#### Your instructions:
What is the number of lines in these records with "abbrev" in them? Answer with that number only.

#### Source material:
____________

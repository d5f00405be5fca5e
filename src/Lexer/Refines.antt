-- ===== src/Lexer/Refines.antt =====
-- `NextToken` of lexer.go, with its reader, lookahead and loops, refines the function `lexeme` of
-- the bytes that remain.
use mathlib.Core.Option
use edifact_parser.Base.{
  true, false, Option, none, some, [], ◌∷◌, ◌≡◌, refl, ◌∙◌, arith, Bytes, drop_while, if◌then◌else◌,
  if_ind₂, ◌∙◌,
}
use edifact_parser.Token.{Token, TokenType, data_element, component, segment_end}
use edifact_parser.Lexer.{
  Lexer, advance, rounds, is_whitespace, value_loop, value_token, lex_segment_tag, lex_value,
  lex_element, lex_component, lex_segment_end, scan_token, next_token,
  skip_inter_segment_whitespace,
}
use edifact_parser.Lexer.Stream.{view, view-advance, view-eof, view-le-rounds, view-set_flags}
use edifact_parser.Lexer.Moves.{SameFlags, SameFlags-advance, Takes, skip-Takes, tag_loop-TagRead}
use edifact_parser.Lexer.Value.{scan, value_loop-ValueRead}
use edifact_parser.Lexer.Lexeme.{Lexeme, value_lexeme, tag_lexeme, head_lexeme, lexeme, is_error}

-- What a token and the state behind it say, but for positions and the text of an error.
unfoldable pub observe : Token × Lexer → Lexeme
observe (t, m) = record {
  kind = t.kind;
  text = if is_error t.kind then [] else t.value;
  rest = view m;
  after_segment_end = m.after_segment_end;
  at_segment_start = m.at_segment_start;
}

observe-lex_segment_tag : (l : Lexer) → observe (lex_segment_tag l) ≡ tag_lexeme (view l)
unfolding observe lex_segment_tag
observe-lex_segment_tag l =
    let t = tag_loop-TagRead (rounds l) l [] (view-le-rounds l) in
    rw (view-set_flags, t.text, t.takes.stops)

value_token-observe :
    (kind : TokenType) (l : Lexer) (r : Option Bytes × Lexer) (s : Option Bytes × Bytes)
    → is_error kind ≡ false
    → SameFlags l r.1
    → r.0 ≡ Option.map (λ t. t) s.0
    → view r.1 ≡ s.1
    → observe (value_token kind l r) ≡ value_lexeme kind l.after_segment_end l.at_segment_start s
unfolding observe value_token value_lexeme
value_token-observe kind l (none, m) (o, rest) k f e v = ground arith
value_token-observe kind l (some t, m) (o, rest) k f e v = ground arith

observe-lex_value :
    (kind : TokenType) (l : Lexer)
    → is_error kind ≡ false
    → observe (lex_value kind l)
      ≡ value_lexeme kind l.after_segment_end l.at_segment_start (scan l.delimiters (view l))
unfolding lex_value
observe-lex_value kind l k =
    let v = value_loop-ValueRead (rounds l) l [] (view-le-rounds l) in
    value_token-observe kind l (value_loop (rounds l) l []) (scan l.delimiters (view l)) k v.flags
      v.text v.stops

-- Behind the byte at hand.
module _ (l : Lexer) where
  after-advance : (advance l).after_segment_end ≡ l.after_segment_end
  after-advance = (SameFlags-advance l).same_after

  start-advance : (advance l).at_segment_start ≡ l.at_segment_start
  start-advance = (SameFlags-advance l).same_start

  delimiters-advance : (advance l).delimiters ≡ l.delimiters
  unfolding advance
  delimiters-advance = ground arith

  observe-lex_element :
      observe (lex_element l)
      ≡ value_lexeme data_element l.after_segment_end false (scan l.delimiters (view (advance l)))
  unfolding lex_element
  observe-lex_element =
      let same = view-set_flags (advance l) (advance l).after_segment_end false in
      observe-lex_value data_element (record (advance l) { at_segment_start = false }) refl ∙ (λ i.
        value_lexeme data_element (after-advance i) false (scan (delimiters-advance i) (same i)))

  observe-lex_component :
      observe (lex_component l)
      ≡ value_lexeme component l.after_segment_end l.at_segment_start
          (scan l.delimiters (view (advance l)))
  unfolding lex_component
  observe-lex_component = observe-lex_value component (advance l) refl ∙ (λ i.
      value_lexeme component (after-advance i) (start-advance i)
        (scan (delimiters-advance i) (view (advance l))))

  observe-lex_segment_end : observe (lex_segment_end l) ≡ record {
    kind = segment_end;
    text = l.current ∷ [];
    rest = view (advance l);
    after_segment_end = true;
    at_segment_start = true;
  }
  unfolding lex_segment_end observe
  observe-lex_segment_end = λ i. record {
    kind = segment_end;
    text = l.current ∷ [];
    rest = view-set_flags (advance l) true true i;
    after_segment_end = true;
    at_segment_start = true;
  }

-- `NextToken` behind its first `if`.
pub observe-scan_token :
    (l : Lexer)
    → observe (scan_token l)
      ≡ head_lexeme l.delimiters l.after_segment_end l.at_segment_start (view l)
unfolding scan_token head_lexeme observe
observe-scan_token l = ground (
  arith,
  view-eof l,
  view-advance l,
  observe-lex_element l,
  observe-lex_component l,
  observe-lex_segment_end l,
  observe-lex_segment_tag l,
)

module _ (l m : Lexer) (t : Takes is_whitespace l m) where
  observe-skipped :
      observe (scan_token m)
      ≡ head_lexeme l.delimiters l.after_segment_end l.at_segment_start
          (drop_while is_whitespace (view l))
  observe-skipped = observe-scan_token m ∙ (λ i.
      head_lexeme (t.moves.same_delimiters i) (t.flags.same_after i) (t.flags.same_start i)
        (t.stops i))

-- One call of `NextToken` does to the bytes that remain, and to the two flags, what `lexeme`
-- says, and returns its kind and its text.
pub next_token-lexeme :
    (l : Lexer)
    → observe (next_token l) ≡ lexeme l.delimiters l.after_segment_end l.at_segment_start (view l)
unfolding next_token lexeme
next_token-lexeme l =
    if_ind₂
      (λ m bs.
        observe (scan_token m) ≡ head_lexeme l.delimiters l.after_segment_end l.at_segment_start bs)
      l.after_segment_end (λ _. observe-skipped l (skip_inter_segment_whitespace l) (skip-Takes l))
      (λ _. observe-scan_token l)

____________

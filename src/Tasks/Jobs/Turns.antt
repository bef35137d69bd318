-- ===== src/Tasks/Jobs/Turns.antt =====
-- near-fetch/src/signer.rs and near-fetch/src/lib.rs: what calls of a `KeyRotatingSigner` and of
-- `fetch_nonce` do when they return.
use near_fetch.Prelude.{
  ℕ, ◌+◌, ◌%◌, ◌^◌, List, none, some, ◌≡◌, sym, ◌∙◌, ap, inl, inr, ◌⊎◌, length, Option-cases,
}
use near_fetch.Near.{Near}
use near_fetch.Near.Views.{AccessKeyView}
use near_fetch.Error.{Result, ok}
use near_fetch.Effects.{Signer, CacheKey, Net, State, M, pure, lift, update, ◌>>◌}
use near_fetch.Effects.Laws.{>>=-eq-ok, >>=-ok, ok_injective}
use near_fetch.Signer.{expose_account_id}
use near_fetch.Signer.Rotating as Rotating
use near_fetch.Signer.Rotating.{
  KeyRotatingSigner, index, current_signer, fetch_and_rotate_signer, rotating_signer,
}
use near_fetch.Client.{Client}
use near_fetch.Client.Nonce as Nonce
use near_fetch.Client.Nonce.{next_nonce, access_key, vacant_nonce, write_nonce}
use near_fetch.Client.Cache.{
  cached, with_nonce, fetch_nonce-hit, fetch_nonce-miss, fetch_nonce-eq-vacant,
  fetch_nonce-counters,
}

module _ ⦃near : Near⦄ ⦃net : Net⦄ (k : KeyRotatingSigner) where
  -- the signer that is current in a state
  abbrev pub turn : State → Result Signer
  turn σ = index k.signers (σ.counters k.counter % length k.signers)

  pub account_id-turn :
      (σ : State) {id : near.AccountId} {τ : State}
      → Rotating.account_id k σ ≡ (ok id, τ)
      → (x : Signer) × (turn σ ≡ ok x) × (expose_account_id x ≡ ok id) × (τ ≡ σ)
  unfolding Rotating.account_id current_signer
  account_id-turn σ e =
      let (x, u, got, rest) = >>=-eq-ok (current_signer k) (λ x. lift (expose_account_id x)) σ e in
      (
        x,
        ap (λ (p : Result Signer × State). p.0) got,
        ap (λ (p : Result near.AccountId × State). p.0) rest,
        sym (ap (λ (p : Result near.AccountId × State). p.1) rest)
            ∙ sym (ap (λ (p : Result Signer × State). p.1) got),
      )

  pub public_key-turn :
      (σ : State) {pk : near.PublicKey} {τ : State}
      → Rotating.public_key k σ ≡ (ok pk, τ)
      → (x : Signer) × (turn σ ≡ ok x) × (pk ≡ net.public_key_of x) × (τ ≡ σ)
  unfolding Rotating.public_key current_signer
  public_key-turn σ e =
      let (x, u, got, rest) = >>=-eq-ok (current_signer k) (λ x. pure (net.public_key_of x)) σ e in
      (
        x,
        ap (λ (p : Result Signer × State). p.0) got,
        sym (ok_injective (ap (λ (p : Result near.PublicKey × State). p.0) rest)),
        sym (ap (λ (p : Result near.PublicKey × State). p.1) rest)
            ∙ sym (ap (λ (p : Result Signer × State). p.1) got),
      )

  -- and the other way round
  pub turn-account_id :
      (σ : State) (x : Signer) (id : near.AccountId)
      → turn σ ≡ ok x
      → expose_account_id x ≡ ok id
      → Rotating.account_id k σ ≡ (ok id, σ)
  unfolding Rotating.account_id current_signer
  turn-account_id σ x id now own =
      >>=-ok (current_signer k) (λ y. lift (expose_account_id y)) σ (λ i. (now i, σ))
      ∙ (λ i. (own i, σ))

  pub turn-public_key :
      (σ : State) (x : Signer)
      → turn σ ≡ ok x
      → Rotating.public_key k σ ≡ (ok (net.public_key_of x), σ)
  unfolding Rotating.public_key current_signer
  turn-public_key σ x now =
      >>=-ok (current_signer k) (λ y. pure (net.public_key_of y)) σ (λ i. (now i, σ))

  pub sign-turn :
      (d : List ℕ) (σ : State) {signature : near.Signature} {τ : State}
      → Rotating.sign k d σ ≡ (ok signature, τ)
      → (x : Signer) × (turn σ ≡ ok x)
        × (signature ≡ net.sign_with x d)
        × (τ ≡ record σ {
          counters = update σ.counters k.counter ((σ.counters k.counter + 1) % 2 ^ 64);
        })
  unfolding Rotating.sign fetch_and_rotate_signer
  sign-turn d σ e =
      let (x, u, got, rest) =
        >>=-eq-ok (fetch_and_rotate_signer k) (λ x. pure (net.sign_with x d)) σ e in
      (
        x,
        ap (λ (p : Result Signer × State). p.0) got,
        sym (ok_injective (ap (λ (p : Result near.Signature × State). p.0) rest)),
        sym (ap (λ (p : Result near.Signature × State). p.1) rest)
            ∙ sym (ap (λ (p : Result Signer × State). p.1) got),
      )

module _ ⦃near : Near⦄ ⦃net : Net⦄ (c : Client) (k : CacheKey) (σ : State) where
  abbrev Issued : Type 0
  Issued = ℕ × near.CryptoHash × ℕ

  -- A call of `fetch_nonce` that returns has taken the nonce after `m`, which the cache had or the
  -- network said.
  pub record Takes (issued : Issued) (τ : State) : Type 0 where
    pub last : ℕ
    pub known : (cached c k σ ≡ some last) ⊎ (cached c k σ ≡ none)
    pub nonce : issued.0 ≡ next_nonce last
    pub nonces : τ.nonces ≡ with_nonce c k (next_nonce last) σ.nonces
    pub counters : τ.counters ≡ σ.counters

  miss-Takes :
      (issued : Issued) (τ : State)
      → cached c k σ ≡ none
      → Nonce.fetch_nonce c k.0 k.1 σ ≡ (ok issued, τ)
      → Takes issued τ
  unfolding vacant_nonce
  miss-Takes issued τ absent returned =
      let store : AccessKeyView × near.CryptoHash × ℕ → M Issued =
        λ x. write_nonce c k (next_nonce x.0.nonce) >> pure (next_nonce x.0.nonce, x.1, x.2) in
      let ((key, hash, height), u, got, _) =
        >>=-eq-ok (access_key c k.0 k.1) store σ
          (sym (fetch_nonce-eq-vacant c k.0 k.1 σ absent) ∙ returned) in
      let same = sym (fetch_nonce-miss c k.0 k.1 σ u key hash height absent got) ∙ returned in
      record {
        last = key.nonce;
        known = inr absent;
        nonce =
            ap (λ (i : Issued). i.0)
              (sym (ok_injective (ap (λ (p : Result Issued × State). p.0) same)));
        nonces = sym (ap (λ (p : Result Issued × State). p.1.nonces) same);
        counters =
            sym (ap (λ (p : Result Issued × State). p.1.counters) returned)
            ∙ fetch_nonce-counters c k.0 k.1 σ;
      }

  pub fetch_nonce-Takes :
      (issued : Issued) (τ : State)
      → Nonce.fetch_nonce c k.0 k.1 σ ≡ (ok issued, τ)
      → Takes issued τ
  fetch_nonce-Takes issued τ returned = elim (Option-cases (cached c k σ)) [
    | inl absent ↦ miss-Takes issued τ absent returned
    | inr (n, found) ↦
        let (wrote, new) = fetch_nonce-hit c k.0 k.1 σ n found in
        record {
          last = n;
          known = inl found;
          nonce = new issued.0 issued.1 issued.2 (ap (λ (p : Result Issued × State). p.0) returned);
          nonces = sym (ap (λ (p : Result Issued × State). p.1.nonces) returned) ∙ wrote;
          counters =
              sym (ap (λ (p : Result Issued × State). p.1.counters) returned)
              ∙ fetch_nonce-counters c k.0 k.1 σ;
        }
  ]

____________

#### Solution to this problem:
2